Художника уже стала подтачивать болезнь, когда он завершил работу над главным делом своей жизни - скульптурной группой "Возрождение Египта". В этом памятнике воплотились и эпоха надежд, которую пережила страна, и движения его души. Махмуда Мухтара словно нес на крыльях угасший, но не умерший порыв революции 1919 года, когда на улицах Каира обнялись полумесяц и крест - мусульмане и копты-христиане, восставшие против англичан. Подъем духа сменило разочарование. Но художника поддерживала вера в древнюю цивилизацию родины и ее молодежь.
Так родилась из-под его резца из асуанского гранита группа "Возрождение Египта". Сфинкс - мощный лев с прекрасным лицом египетского юноши - словно только что стряхнул сон и оглядывает мир в величавом спокойствии, и статная, сильная девушка, положив одну руку на его голову, другой приподнимает накидку. Оба смотрят за горизонт, как будто их взору открыто что-то неведомое другим.
Над "Возрождением Египта" Мухтар трудился почти десять лет. Он завершил памятник в 1928 году и уехал лечиться. Затем на последнем дыхании он создал еще несколько скульптур и вскоре умер в возрасте сорока трех лет.
Скульптурная группа "Возрождение Египта" встречала приезжающих в столицу на привокзальной площади Баб-эль-Хадид. В пятидесятые годы ее заменила колоссальная статуя Рамзеса II, а Сфинкс с девушкой перебрались в Гизу, на левый берег Нила, встав перед аллеей пальм, ведущей к главному зданию Каирского университета.
В студенческие годы, идя на лекции в университет, я не раз всматривался в лица Сфинкса и стоящей рядом с ним девушки, словно оживавших в лучах восходящего солнца, и думал о подвиге и трагедии Мухтара. В 1984 году, приехав в очередной раз в Каир, я решил навестить памятник, с которым у меня было связано немало воспоминаний, и прошелся из советского посольства до Университетского моста. Памятник стоял на своем месте, величественно возносясь над какофонией автомобильных гудков и визга тормозов, окуриваемый выхлопными газами. Девушка и лев с лицом человека, как и раньше, смотрели вдаль, на Университетский мост. Но мне показалось, что их губы тронула ироническая улыбка.

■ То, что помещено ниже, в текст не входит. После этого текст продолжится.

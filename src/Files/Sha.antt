-- ===== src/Files/Sha.antt =====
-- SHA-256 as task3_filesystem_security/crypto.c computes it. An `unsigned int` is a number below
-- 2 ^ 32, and each sum and left shift wraps.
pub mod Blocks
pub mod Pad
pub mod Digest
use Prim.Native.Nat.{bit_and, bit_or, bit_xor}
use samuel_basnet_240512_st.Prelude.{
  ℕ, zero, suc, ◌+◌, ◌-◌, ◌*◌, ◌/◌, ◌%◌, ◌^◌, Bytes, List, [], ◌∷◌, ◌++◌, ◌==◌, ltb, if◌then◌else◌,
  get_or, set, replicate, drop,
}

abbrev pub u32 : ℕ → ℕ
u32 n = n % 2 ^ 32

abbrev pub u8 : ℕ → ℕ
u8 n = n % 2 ^ 8

infixl 75 ◌<<◌ ◌>>◌
abbrev pub ◌<<◌ : ℕ → ℕ → ℕ
x << k = x * 2 ^ k

abbrev pub ◌>>◌ : ℕ → ℕ → ℕ
x >> k = x / 2 ^ k

-- `~x` on 32 bits.
abbrev pub complement : ℕ → ℕ
complement x = 2 ^ 32 - 1 - x

unfoldable pub rotright : ℕ → ℕ → ℕ
rotright a b = bit_or (a >> b) (u32 (a << (32 - b)))

unfoldable pub ch : ℕ → ℕ → ℕ → ℕ
ch x y z = bit_xor (bit_and x y) (bit_and (complement x) z)

unfoldable pub maj : ℕ → ℕ → ℕ → ℕ
maj x y z = bit_xor (bit_xor (bit_and x y) (bit_and x z)) (bit_and y z)

unfoldable pub ep0 : ℕ → ℕ
unfolding rotright
ep0 x = bit_xor (bit_xor (rotright x 2) (rotright x 13)) (rotright x 22)

unfoldable pub ep1 : ℕ → ℕ
unfolding rotright
ep1 x = bit_xor (bit_xor (rotright x 6) (rotright x 11)) (rotright x 25)

unfoldable pub sig0 : ℕ → ℕ
unfolding rotright
sig0 x = bit_xor (bit_xor (rotright x 7) (rotright x 18)) (x >> 3)

unfoldable pub sig1 : ℕ → ℕ
unfolding rotright
sig1 x = bit_xor (bit_xor (rotright x 17) (rotright x 19)) (x >> 10)

-- The table `k`.
abbrev pub round_constants : List ℕ
round_constants =
    0x428a2f98 ∷ 0x71374491 ∷ 0xb5c0fbcf ∷ 0xe9b5dba5 ∷ 0x3956c25b ∷ 0x59f111f1 ∷ 0x923f82a4
    ∷ 0xab1c5ed5 ∷ 0xd807aa98 ∷ 0x12835b01 ∷ 0x243185be ∷ 0x550c7dc3 ∷ 0x72be5d74 ∷ 0x80deb1fe
    ∷ 0x9bdc06a7 ∷ 0xc19bf174 ∷ 0xe49b69c1 ∷ 0xefbe4786 ∷ 0x0fc19dc6 ∷ 0x240ca1cc ∷ 0x2de92c6f
    ∷ 0x4a7484aa ∷ 0x5cb0a9dc ∷ 0x76f988da ∷ 0x983e5152 ∷ 0xa831c66d ∷ 0xb00327c8 ∷ 0xbf597fc7
    ∷ 0xc6e00bf3 ∷ 0xd5a79147 ∷ 0x06ca6351 ∷ 0x14292967 ∷ 0x27b70a85 ∷ 0x2e1b2138 ∷ 0x4d2c6dfc
    ∷ 0x53380d13 ∷ 0x650a7354 ∷ 0x766a0abb ∷ 0x81c2c92e ∷ 0x92722c85 ∷ 0xa2bfe8a1 ∷ 0xa81a664b
    ∷ 0xc24b8b70 ∷ 0xc76c51a3 ∷ 0xd192e819 ∷ 0xd6990624 ∷ 0xf40e3585 ∷ 0x106aa070 ∷ 0x19a4c116
    ∷ 0x1e376c08 ∷ 0x2748774c ∷ 0x34b0bcb5 ∷ 0x391c0cb3 ∷ 0x4ed8aa4a ∷ 0x5b9cca4f ∷ 0x682e6ff3
    ∷ 0x748f82ee ∷ 0x78a5636f ∷ 0x84c87814 ∷ 0x8cc70208 ∷ 0x90befffa ∷ 0xa4506ceb ∷ 0xbef9a3f7
    ∷ 0xc67178f2 ∷ []

-- `SHA256_CTX`. `block` is its member `data`.
pub record Context : Type 0 where
  pub block : Bytes
  pub datalen : ℕ
  pub bitlen : ℕ
  pub state : List ℕ

-- The first 16 words of `m`: four bytes each, the first the highest.
first_words : ℕ → Bytes → List ℕ
first_words zero bytes = []
first_words (suc n) bytes =
    bit_or
      (bit_or (bit_or (u32 (get_or bytes 0 0 << 24)) (get_or bytes 1 0 << 16))
        (get_or bytes 2 0 << 8))
      (get_or bytes 3 0)
    ∷ first_words n (drop 4 bytes)

-- The words from `m[i]` on, with `left` to go.
more_words : ℕ → ℕ → List ℕ → List ℕ
unfolding sig0 sig1
more_words zero i m = m
more_words (suc left) i m = more_words left (i + 1) (
    m
    ++ u32 (
        sig1 (get_or m (i - 2) 0)
        + get_or m (i - 7) 0
        + sig0 (get_or m (i - 15) 0)
        + get_or m (i - 16) 0)
      ∷ [])

unfoldable pub message_schedule : Bytes → List ℕ
unfolding first_words more_words
message_schedule bytes = more_words 48 16 (first_words 16 bytes)

-- The variables `a` to `h`.
pub record Registers : Type 0 where
  pub a : ℕ
  pub b : ℕ
  pub c : ℕ
  pub d : ℕ
  pub e : ℕ
  pub f : ℕ
  pub g : ℕ
  pub h : ℕ

unfoldable pub round : ℕ → ℕ → Registers → Registers
unfolding ch maj ep0 ep1
round k m r =
    let t1 = u32 (r.h + ep1 r.e + ch r.e r.f r.g + k + m) in
    let t2 = u32 (ep0 r.a + maj r.a r.b r.c) in
    record {
      a = u32 (t1 + t2);
      b = r.a;
      c = r.b;
      d = r.c;
      e = u32 (r.d + t1);
      f = r.e;
      g = r.f;
      h = r.g;
    }

rounds : List ℕ → List ℕ → Registers → Registers
unfolding round
rounds [] ms r = r
rounds (k ∷ ks) [] r = r
rounds (k ∷ ks) (m ∷ ms) r = rounds ks ms (round k m r)

registers : List ℕ → Registers
registers s = record {
  a = get_or s 0 0;
  b = get_or s 1 0;
  c = get_or s 2 0;
  d = get_or s 3 0;
  e = get_or s 4 0;
  f = get_or s 5 0;
  g = get_or s 6 0;
  h = get_or s 7 0;
}

add_registers : List ℕ → Registers → List ℕ
add_registers s r =
    u32 (get_or s 0 0 + r.a)
    ∷ u32 (get_or s 1 0 + r.b)
    ∷ u32 (get_or s 2 0 + r.c)
    ∷ u32 (get_or s 3 0 + r.d)
    ∷ u32 (get_or s 4 0 + r.e)
    ∷ u32 (get_or s 5 0 + r.f)
    ∷ u32 (get_or s 6 0 + r.g)
    ∷ u32 (get_or s 7 0 + r.h)
    ∷ []

-- The state after a block, from the state before it.
unfoldable pub compress : List ℕ → Bytes → List ℕ
unfolding message_schedule rounds registers add_registers
compress state bytes =
    add_registers state (rounds round_constants (message_schedule bytes) (registers state))

unfoldable pub sha256_transform : Context → Bytes → Context
sha256_transform ctx bytes = record ctx { state = compress ctx.state bytes }

abbrev pub initial_state : List ℕ
initial_state =
    0x6a09e667 ∷ 0xbb67ae85 ∷ 0x3c6ef372 ∷ 0xa54ff53a ∷ 0x510e527f ∷ 0x9b05688c ∷ 0x1f83d9ab
    ∷ 0x5be0cd19 ∷ []

-- `data` is not set: what stands there is overwritten before it is read.
unfoldable pub sha256_init : Bytes → Context
sha256_init uninitialised = record {
  block = uninitialised;
  datalen = 0;
  bitlen = 0;
  state = initial_state;
}

-- One round of the loop of `sha256_update`.
unfoldable pub update_byte : Context → ℕ → Context
unfolding sha256_transform
update_byte ctx byte =
    let ctx' = record ctx { block = set ctx.block ctx.datalen byte; datalen = ctx.datalen + 1 } in
    let full = sha256_transform ctx' ctx'.block in
    if ctx'.datalen == 64
    then record full { bitlen = (full.bitlen + 512) % 2 ^ 64; datalen = 0 }
    else ctx'

unfoldable pub sha256_update : Context → Bytes → Context
unfolding update_byte
sha256_update ctx [] = ctx
sha256_update ctx (byte ∷ bytes) = sha256_update (update_byte ctx byte) bytes

-- `while (i < end) data[i++] = 0x00`, with `end - i` rounds.
unfoldable pub zero_from : ℕ → ℕ → Bytes → Bytes
zero_from zero i block = block
zero_from (suc left) i block = zero_from left (i + 1) (set block i 0)

-- The eight bytes of `bitlen`, from `data[56]` on, the highest first.
unfoldable pub put_length : ℕ → Bytes → Bytes
put_length bitlen block =
    let b63 = set block 63 (u8 bitlen) in
    let b62 = set b63 62 (u8 (bitlen >> 8)) in
    let b61 = set b62 61 (u8 (bitlen >> 16)) in
    let b60 = set b61 60 (u8 (bitlen >> 24)) in
    let b59 = set b60 59 (u8 (bitlen >> 32)) in
    let b58 = set b59 58 (u8 (bitlen >> 40)) in
    let b57 = set b58 57 (u8 (bitlen >> 48)) in set b57 56 (u8 (bitlen >> 56))

-- The block with its mark 0x80, and the zeros behind it.
unfoldable pub pad_block : Context → Context
unfolding zero_from sha256_transform
pad_block ctx =
    let marked = set ctx.block ctx.datalen 0x80 in
    let i = ctx.datalen + 1 in
    let long = record ctx { block = zero_from (64 - i) i marked } in
    let flushed = sha256_transform long long.block in
    if ltb ctx.datalen 56
    then record ctx { block = zero_from (56 - i) i marked }
    else record flushed { block = zero_from 56 0 flushed.block }

-- Byte `i` of each word: `(state[j] >> (24 - i * 8)) & 0xff` goes to `hash[i + j * 4]`.
unfoldable pub word_bytes : List ℕ → Bytes
word_bytes [] = []
word_bytes (w ∷ ws) = u8 (w >> 24) ∷ u8 (w >> 16) ∷ u8 (w >> 8) ∷ u8 w ∷ word_bytes ws

unfoldable pub sha256_final : Context → Bytes
unfolding pad_block put_length sha256_transform word_bytes
sha256_final ctx =
    let padded = pad_block ctx in
    let bits = (padded.bitlen + padded.datalen * 8) % 2 ^ 64 in
    word_bytes (sha256_transform padded (put_length bits padded.block)).state

unfoldable pub sha256 : Bytes → Bytes
unfolding sha256_init sha256_update sha256_final
sha256 bytes = sha256_final (sha256_update (sha256_init (replicate 64 0)) bytes)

Я вновь подумал о творческом подвиге Махмуда Мухтара, но по-другому, не как в дни моей юности. Посмертная трагедия великого ваятеля в том, что "Возрождение Египта" стало символом его родины для иностранцев, для образованных по-западному интеллигентов, но не для масс египтян, живущих системой ценностей и художественными образами ислама. Народ, которому Мухтар отдал жизнь, не узнал себя в его памятнике и не признал в скульпторе выразителя своих чаяний и идеалов.
Может быть, пока не узнал и пока не признал.
Древнее искусство не трогает живых струн в душах большинства египтян, хотя заслуженно вызывает восхищение и поклонение ценителей. Живое западное искусство, во всяком случае пластика и живопись, все еще остается закрытой книгой для масс.
Возможно, Мухтар был провозвестником синтеза искусства различных народов, цивилизаций и эпох. Но сам синтез - дело будущего. И об этом в восьмидесятые годы говоришь увереннее, чем говорили в двадцатые-тридцатые.
Казалось бы, что вспоминать Махмуда Мухтара, рассказывая о Египте и египтянах сегодняшнего дня! Но и в наши дни нет-нет да и вспыхнут дискуссии о том, что же считать "личностью Египта", кто ее выразитель и толкователь, каково его место в мире и к какой цивилизации он принадлежит.
И за этими, казалось бы, абстрактными спорами кипят живые страсти политики, поиски путей социального и экономического устройства Египта.
В наши дни вновь убеждаешься, что не понять современного Египта ни без экскурса в двадцатые-тридцатые годы, ни без спуска в шахту тысячелетий, ни без обращения к его Нилу и его пустыням.